A new DePuy Pinnacle hip implant lawsuit is filed against DePuy Orthopaedics by an Ohio man alleging he suffered serious bodily injury due to a failed and defective Pinnacle hip implant.

According to the DePuy Pinnacle hip implant lawsuit, plaintiff Paxton W. underwent a hip replacement procedure in June 2006 to have the Pinnacle hip implant inserted.

It was on Dec. 3, 2015, when Paxton began experiencing severe pain and underwent revision surgery to replace the failed Pinnacle hip implant, the DePuy Pinnacle hip implant lawsuit states.

He claims that the defendants knew that the product was defective but refused to disclose that information to him.
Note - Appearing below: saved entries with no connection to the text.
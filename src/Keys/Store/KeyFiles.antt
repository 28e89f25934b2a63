-- ===== src/Keys/Store/KeyFiles.antt =====
-- libdevcrypto/SecretStore.cpp: the files of keys are read, one by one and all of a directory, and
-- imported; a secret is decrypted from what is in a file.
use cpp_conflux_sdk.Common.Outcome.{Outcome, ok, throw, ◌>>=◌}
use cpp_conflux_sdk.Common.{Bool, false, List, [], ◌∷◌, Bytes, codes, replicate, if◌then◌else◌}
use cpp_conflux_sdk.FixedHash.{is_set, from_uuid}
use cpp_conflux_sdk.Keys.{Libraries}
use cpp_conflux_sdk.Keys.Json.{Fields, null, other, num, str, obj, at, get_str}
use cpp_conflux_sdk.Keys.Table.{insert}
use cpp_conflux_sdk.Keys.Envelope.{decrypt}
use cpp_conflux_sdk.Keys.Upgrade.{upgraded}
use cpp_conflux_sdk.Keys.Store.{EncryptedKey, SecretStore, file_address, save}

module _ {Text : Type 0} (l : Libraries Text) where
  -- `secret(content, pass)`: what throws is caught.
  abbrev pub or_no_bytes : Outcome Bytes → Bytes
  or_no_bytes (ok b) = b
  or_no_bytes (throw e) = []

  unfoldable pub secret_of_content : Text → Bytes → Bytes
  secret_of_content content pass = or_no_bytes (
      upgraded l content >>= λ u. elim u [
        | obj o ↦ decrypt l (l.write false (at (codes "crypto") o)) pass
        | null ↦ ok []
        | other n ↦ ok []
        | num n ↦ ok []
        | str s ↦ ok []
      ])

  module _ (without_dashes : Bytes → Bytes) where
    unfoldable pub read_fields :
        Fields → Bytes → SecretStore Text → Outcome (Bytes × SecretStore Text)
    read_fields o file st = do
      id ← get_str (at (codes "id") o)
      address ← file_address o
      let uuid = from_uuid without_dashes id
      let text = l.write false (at (codes "crypto") o)
      let key : EncryptedKey Text = record {
        encrypted_key = text;
        filename = file;
        address = address;
      }
      ok (uuid, record st { keys = insert uuid key st.keys })

    unfoldable pub caught :
        SecretStore Text → Outcome (Bytes × SecretStore Text) → Bytes × SecretStore Text
    caught st (ok r) = r
    caught st (throw e) = (replicate 16 0, st)

    -- `readKeyContent`.
    unfoldable pub read_key_content : Text → Bytes → SecretStore Text → Bytes × SecretStore Text
    read_key_content content file st = caught st (
        upgraded l content >>= λ u. elim u [
          | obj o ↦ read_fields o file st
          | null ↦ ok (replicate 16 0, st)
          | other n ↦ ok (replicate 16 0, st)
          | num n ↦ ok (replicate 16 0, st)
          | str s ↦ ok (replicate 16 0, st)
        ])

    -- `importKeyContent`.
    unfoldable pub import_key_content :
        (Bytes → Bytes → Bool) → Text → SecretStore Text → Bytes × SecretStore Text
    import_key_content equivalent content st =
        let (ret, st') = read_key_content content [] st in
        if is_set ret then (ret, save l equivalent st'.path st') else (ret, st')

    -- `load`, over the regular files of the directory and what is in them.
    unfoldable pub load : List (Bytes × Text) → SecretStore Text → SecretStore Text
    load [] st = st
    load ((file, content) ∷ files) st = load files (read_key_content content file st).1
Due to the allegedly defective device and failed Pinnacle hip implant, he was forced to undergo the additional risky and painful surgery.

Paxton claims that with the hip revision surgery, his recovery has been long and painful. According to the DePuy Pinnacle hip implant lawsuit, he alleges that to this day, he continues to suffer from pain in his right hip.
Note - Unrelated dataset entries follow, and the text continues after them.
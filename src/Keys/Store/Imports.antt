-- ===== src/Keys/Store/Imports.antt =====
-- Secrets that are imported, encrypted again and removed.
use cpp_conflux_sdk.Common.Outcome.{Exception, Outcome, ok, throw, >>=-eq-ok}
use cpp_conflux_sdk.Common.{
  ◌≤◌, ◌≡◌, refl, ap, sym, ◌∙◌, Bool, true, false, inl, inr, ◌⊎◌, Option, none, some, [], ◌∷◌,
  arith, Bytes, length, All, IsByte, bytes_eq, bytes_eq_refl, Bool-cases, Option-cases, ◌==◌,
}
use mathlib.Core.Option
use cpp_conflux_sdk.Keys.{Libraries}
use cpp_conflux_sdk.Keys.Table.{Table, lookup, insert, erase, lookup-insert, lookup-erase}
use cpp_conflux_sdk.Keys.Envelope.{Kdf, encrypt, decrypt}
use cpp_conflux_sdk.Keys.Envelope.RoundTrip.{IsDocumented, decrypt-encrypt}
use cpp_conflux_sdk.Keys.Store.{
  EncryptedKey, SecretStore, save_keys, save, imported, remembered, import_secret, kill, kill_entry,
  coded_again, recode_with, decrypted, kept_or, secret, recode,
}

module _ {Text : Type 0} (l : Libraries Text) where
  -- The text that is kept of a key.
  abbrev text_of : EncryptedKey Text → Text
  text_of k = k.encrypted_key

  module _ (equivalent : Bytes → Bytes → Bool) where
    -- Saving changes names of files only.
    lookup-save_keys :
        (u path : Bytes) (t : Table (EncryptedKey Text))
        → Option.map text_of (lookup u (save_keys l equivalent path t).0)
          ≡ Option.map text_of (lookup u t)
    unfolding save_keys
    lookup-save_keys u path [] = refl
    lookup-save_keys u path ((j, k) ∷ t) = elim (Bool-cases (bytes_eq j u)) [
      | inl same ↦ rw same refl
      | inr other ↦ rw other (lookup-save_keys u path t)
    ]

    lookup-save :
        (u path : Bytes) (st : SecretStore Text)
        → Option.map text_of (lookup u (save l equivalent path st).keys)
          ≡ Option.map text_of (lookup u st.keys)
    unfolding save
    lookup-save u path st = elim (Bool-cases (length path == 0)) [
      | inl nowhere ↦ rw nowhere refl
      | inr somewhere ↦ rw somewhere (lookup-save_keys u path st.keys)
    ]

    cached-save :
        (path : Bytes) (st : SecretStore Text) → (save l equivalent path st).cached ≡ st.cached
    unfolding save
    cached-save path st = elim (Bool-cases (length path == 0)) [
      | inl nowhere ↦ rw nowhere refl
      | inr somewhere ↦ rw somewhere refl
    ]

  lookup-kill : (uuid : Bytes) (st : SecretStore Text) → lookup uuid (kill uuid st).keys ≡ none
  unfolding kill kill_entry
  lookup-kill uuid st = elim (Option-cases (lookup uuid st.keys)) [
    | inl absent ↦ rw absent absent
    | inr (k, found) ↦ rw found (lookup-erase uuid uuid st.keys ∙ rw (bytes_eq_refl uuid) refl)
  ]

  cached-kill : (uuid : Bytes) (st : SecretStore Text) → lookup uuid (kill uuid st).cached ≡ none
  unfolding kill kill_entry
  cached-kill uuid st =
      let gone : lookup uuid (erase uuid st.cached) ≡ none =
        lookup-erase uuid uuid st.cached ∙ rw (bytes_eq_refl uuid) refl in
      elim (Option-cases (lookup uuid st.keys)) [
        | inl absent ↦ rw absent gone
        | inr (k, found) ↦ rw found gone
      ]

  -- A removed key is not found again, cached or not, and nobody is asked for a password.
  pub secret-kill {ℓ} :
      {S : Type ℓ} (pass : S → Outcome (Bytes × S)) (uuid : Bytes) (use_cache : Bool)
      (st : SecretStore Text) (s : S)
      → secret l pass uuid use_cache (kill uuid st) s ≡ ok ([], kill uuid st, s)
  unfolding secret kept_or decrypted
  secret-kill pass uuid use_cache st s = rw (lookup-kill uuid st, cached-kill uuid st) refl

  -- Where no secret is kept, or none may be used, the key is decrypted.
  kept_or-asked {ℓ} :
      {S : Type ℓ} (pass : S → Outcome (Bytes × S)) (kept : Option Bytes) (use_cache : Bool)
      (asked : Outcome (Bytes × SecretStore Text × S)) (st : SecretStore Text) (s : S)
      → (use_cache ≡ false) ⊎ (kept ≡ none)
      → kept_or l pass kept use_cache asked st s ≡ asked
  unfolding kept_or
  kept_or-asked pass none use_cache asked st s h = refl
  kept_or-asked pass (some key) use_cache asked st s (inl off) = rw off refl
  kept_or-asked pass (some key) use_cache asked st s (inr none_kept) = cc

  decrypted-opens {ℓ} :
      {S : Type ℓ} (ask : S → Outcome (Bytes × S)) (pass uuid : Bytes)
      (entry : Option (EncryptedKey Text)) (st : SecretStore Text) (x x' : S) (text : Text)
      (key : Bytes)
      → ask x ≡ ok (pass, x')
      → Option.map text_of entry ≡ some text
      → decrypt l text pass ≡ ok key
      → 1 ≤ length key
      → (st' : SecretStore Text) × (decrypted l ask uuid entry st x ≡ ok (key, st', x'))
  unfolding decrypted
  decrypted-opens ask pass uuid none st x x' text key answered found opens some_bytes = cc
  decrypted-opens ask pass uuid (some k) st x x' text key answered found opens some_bytes =
      let same : k.encrypted_key ≡ text = cc in
      let opens' : decrypt l k.encrypted_key pass ≡ ok key =
        ap (λ (t : Text). decrypt l t pass) same ∙ opens in
      let not_empty : (length key == 0) ≡ false = ground arith in
      (remembered l uuid key st, rw (answered, opens', not_empty) refl)

  -- An entry whose text is decrypted with the password that is told, where no kept secret is used.
  secret-opens {ℓ} :
      {S : Type ℓ} (ask : S → Outcome (Bytes × S)) (pass uuid : Bytes) (use_cache : Bool)
      (st : SecretStore Text) (x x' : S) (text : Text) (key : Bytes)
      → ask x ≡ ok (pass, x')
      → Option.map text_of (lookup uuid st.keys) ≡ some text
      → (use_cache ≡ false) ⊎ (lookup uuid st.cached ≡ none)
      → decrypt l text pass ≡ ok key
      → 1 ≤ length key
      → (st' : SecretStore Text) × (secret l ask uuid use_cache st x ≡ ok (key, st', x'))
  unfolding secret
  secret-opens ask pass uuid use_cache st x x' text key answered found asked opens some_bytes =
      let (st', e) =
        decrypted-opens ask pass uuid (lookup uuid st.keys) st x x' text key answered found opens
          some_bytes in
      (st', kept_or-asked ask (lookup uuid st.cached) use_cache _ st x asked ∙ e)

  -- Where no secret is kept of an entry, one that does not answer ends the call.
  decrypted-refused {ℓ} :
      {S : Type ℓ} (ask : S → Outcome (Bytes × S)) (uuid : Bytes)
      (entry : Option (EncryptedKey Text)) (st : SecretStore Text) (x : S) (text : Text)
      (e : Exception)
      → ask x ≡ throw e
      → Option.map text_of entry ≡ some text
      → decrypted l ask uuid entry st x ≡ throw e
  unfolding decrypted
  decrypted-refused ask uuid none st x text e refused found = cc
  decrypted-refused ask uuid (some k) st x text e refused found = rw refused refl

  secret-refused {ℓ} :
      {S : Type ℓ} (ask : S → Outcome (Bytes × S)) (uuid : Bytes) (use_cache : Bool)
      (st : SecretStore Text) (x : S) (text : Text) (e : Exception)
      → ask x ≡ throw e
      → Option.map text_of (lookup uuid st.keys) ≡ some text
      → lookup uuid st.cached ≡ none
      → secret l ask uuid use_cache st x ≡ throw e
  unfolding secret
  secret-refused ask uuid use_cache st x text e refused found forgotten =
      kept_or-asked ask (lookup uuid st.cached) use_cache _ st x (inr forgotten)
      ∙ decrypted-refused ask uuid (lookup uuid st.keys) st x text e refused found

  lookup-imported :
      (r : Bytes) (text : Text) (s : Bytes) (st : SecretStore Text)
      → Option.map text_of (lookup r (imported l r text s st).keys) ≡ some text
  unfolding imported
  lookup-imported r text s st = rw (lookup-insert, bytes_eq_refl r) refl

  cached-imported :
      (r : Bytes) (text : Text) (s : Bytes) (st : SecretStore Text)
      → lookup r (imported l r text s st).cached ≡ some s
  unfolding imported
  cached-imported r text s st = rw (lookup-insert, bytes_eq_refl r) refl

  coded_again_text :
      (text : Text) (o : Option (EncryptedKey Text)) → (coded_again text o).encrypted_key ≡ text
  unfolding coded_again
  coded_again_text text none = refl
  coded_again_text text (some k) = refl

  again_text :
      (uuid : Bytes) (text : Text) (st : SecretStore Text)
      → Option.map text_of
          (lookup uuid (insert uuid (coded_again text (lookup uuid st.keys)) st.keys))
        ≡ some text
  again_text uuid text st =
      rw (lookup-insert, bytes_eq_refl uuid) (ap some (coded_again_text text (lookup uuid st.keys)))

  module _ (documented : IsDocumented l) (equivalent : Bytes → Bytes → Bool) where
    -- If the libraries do what they document: a secret of some bytes that is imported under a random
    -- identifier is found under it, kept without a password, and decrypted with its password.
    pub secret-import_secret {ℓ} :
        {S : Type ℓ} (r salt iv s pass : Bytes) (st st' : SecretStore Text) (q : S)
        (other_pass : S → Outcome (Bytes × S))
        → All IsByte salt
        → All IsByte iv
        → length iv ≡ 16
        → 1 ≤ length s
        → import_secret l equivalent r salt iv s pass st ≡ ok (r, st')
        → (secret l other_pass r true st' q ≡ ok (s, st', q))
          × ((st'' : SecretStore Text) × (secret l (λ q. ok (pass, q)) r false st' q
                ≡ ok (s, st'', q)))
    unfolding import_secret
    secret-import_secret r salt iv s pass st st' q other_pass salted bs size some_bytes h =
        let (text, coded, h1) = >>=-eq-ok (encrypt l s pass Kdf.scrypt salt iv) _ h in
        let new = imported l r text s st in
        let saved : save l equivalent st.path new ≡ st' = cc in
        let found : Option.map text_of (lookup r st'.keys) ≡ some text =
          ap (λ (x : SecretStore Text). Option.map text_of (lookup r x.keys)) (sym saved)
          ∙ lookup-save equivalent r st.path new
          ∙ lookup-imported r text s st in
        let kept : lookup r st'.cached ≡ some s =
          ap (λ (x : SecretStore Text). lookup r x.cached) (sym saved)
          ∙ ap (λ (c : Table Bytes). lookup r c) (cached-save equivalent st.path new)
          ∙ cached-imported r text s st in
        (
          unfold secret kept_or in rw kept refl,
          secret-opens (λ q. ok (pass, q)) pass r false st' q q text s refl found (inl refl)
              (decrypt-encrypt l documented s pass salt iv Kdf.scrypt text salted bs size coded)
              some_bytes,
        )

    -- What `recode` has done once the secret is known.
    recode_with-opens :
        (uuid new_pass salt iv key : Bytes) (kdf : Kdf) (st st' : SecretStore Text)
        → All IsByte salt
        → All IsByte iv
        → length iv ≡ 16
        → recode_with l equivalent uuid new_pass kdf salt iv key st ≡ ok (true, st')
        → (text : Text) × (Option.map text_of (lookup uuid st'.keys) ≡ some text)
          × (lookup uuid st'.cached ≡ none)
          × (decrypt l text new_pass ≡ ok key)
          × (1 ≤ length key)
    unfolding recode_with
    recode_with-opens uuid new_pass salt iv key kdf st st' salted bs size h =
        elim (Bool-cases (length key == 0)) [
          | inl empty ↦
              let refused : ◌≡◌ {A = Outcome (Bool × SecretStore Text)} (ok (false, st))
                  (ok (true, st')) =
                rw empty at h in
              cc
          | inr full ↦
              let (text, coded, h1) =
                >>=-eq-ok (encrypt l key new_pass kdf salt iv) _ (rw full at h) in
              let again = insert uuid (coded_again text (lookup uuid st.keys)) st.keys in
              let new = record st { cached = erase uuid st.cached; keys = again } in
              let saved : save l equivalent st.path new ≡ st' = cc in
              (
                text,
                ap (λ (x : SecretStore Text). Option.map text_of (lookup uuid x.keys)) (sym saved)
                    ∙ lookup-save equivalent uuid st.path new
                    ∙ again_text uuid text st,
                ap (λ (x : SecretStore Text). lookup uuid x.cached) (sym saved)
                    ∙ ap (λ (c : Table Bytes). lookup uuid c) (cached-save equivalent st.path new)
                    ∙ lookup-erase uuid uuid st.cached
                    ∙ rw (bytes_eq_refl uuid) refl,
                decrypt-encrypt l documented key new_pass salt iv kdf text salted bs size coded,
                ground arith,
              )
        ]

    -- If the libraries do what they document, and salt and initialisation vector are bytes, sixteen of the
    -- latter: `recode` that returns true has found the secret. From then on, whether kept secrets may be
    -- used or not, a caller's answer of the new password gives that secret and the caller's state after
    -- the answer, and an exception in place of an answer is what the call ends with.
    pub secret-recode {ℓ} :
        {S : Type ℓ} (pass ask refuse : S → Outcome (Bytes × S)) (uuid new_pass salt iv : Bytes)
        (kdf : Kdf) (st st' : SecretStore Text) (q q' x x' y : S) (e : Exception) (use_cache : Bool)
        → All IsByte salt
        → All IsByte iv
        → length iv ≡ 16
        → ask x ≡ ok (new_pass, x')
        → refuse y ≡ throw e
        → recode l pass equivalent uuid new_pass kdf salt iv st q ≡ ok (true, st', q')
        → (key : Bytes) × (st1 st2 : SecretStore Text) × (secret l pass uuid true st q
            ≡ ok (key, st1, q'))
          × (secret l ask uuid use_cache st' x ≡ ok (key, st2, x'))
          × (secret l refuse uuid use_cache st' y ≡ throw e)
    unfolding recode
    secret-recode pass ask refuse uuid new_pass salt iv kdf st st' q q' x x' y e use_cache salted bs
          size answered refused h =
        let (found, told, h1) = >>=-eq-ok (secret l pass uuid true st q) _ h in
        let (done, coded, h2) =
          >>=-eq-ok (recode_with l equivalent uuid new_pass kdf salt iv found.0 found.1) _ h1 in
        let e0 : done.0 ≡ true = cc in
        let e1 : done.1 ≡ st' = cc in
        let e2 : found.2 ≡ q' = cc in
        let returned : done ≡ (true, st') = λ i. (e0 i, e1 i) in
        let (text, kept, forgotten, opens, some_bytes) =
          recode_with-opens uuid new_pass salt iv found.0 kdf found.1 st' salted bs size
            (coded ∙ ap ok returned) in
        let (st2, opened) =
          secret-opens ask new_pass uuid use_cache st' x x' text found.0 answered kept
            (inr forgotten) opens some_bytes in
        (
          found.0,
          found.1,
          st2,
          told ∙ ap ok (λ i. (found.0, found.1, e2 i)),
          opened,
          secret-refused refuse uuid use_cache st' y text e refused kept forgotten,
        )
Paxton filed the DePuy Pinnacle hip implant lawsuit on Dec. 11, 2017, in the U.S. District Court for the Northern District of Texas, as part of a larger DePuy multidistrict litigation.

The DePuy Pinnacle hip implant lawsuit was filed on multiple counts of failure to warn, negligence, design defect, manufacturing defect, breach of express warranty, breach of implied warranty, negligent misrepresentation, and fraud.

DePuy Pinnacle Hip Implant Lawsuit

The Pinnacle hip implant multidistrict litigation joins several plaintiffs who claim the Pinnacle hip implant system contains a design defect leading to serious adverse effects, complications, and early hip implant failure following hip replacement procedures.

DePuy Orthopeadics, a division of Johnson & Johnson, released the Pinnacle system in 2001 as a total hip arthroplasty system functioning to increase a patient’s range of motion and mobility.

However, according to the Pinnacle hip implant MDL, the Pinnacle system is a defective device that leads to serious injury and other risks and complications.

The lawsuits against the companies allege the device releases toxic levels of metal particles into patients’ bloodstream and causes other adverse effects such as non-cancerous tumors, inflammation, swelling, pain, degenerative heart disease, and premature failure of the device.

The issue with the Pinnacle hip system is that it is manufactured as a metal-on-metal (MoM) device composed of chromium and cobalt, among other metals. The complications result as the metal components of the device rub against each other, as part of normal function of the device.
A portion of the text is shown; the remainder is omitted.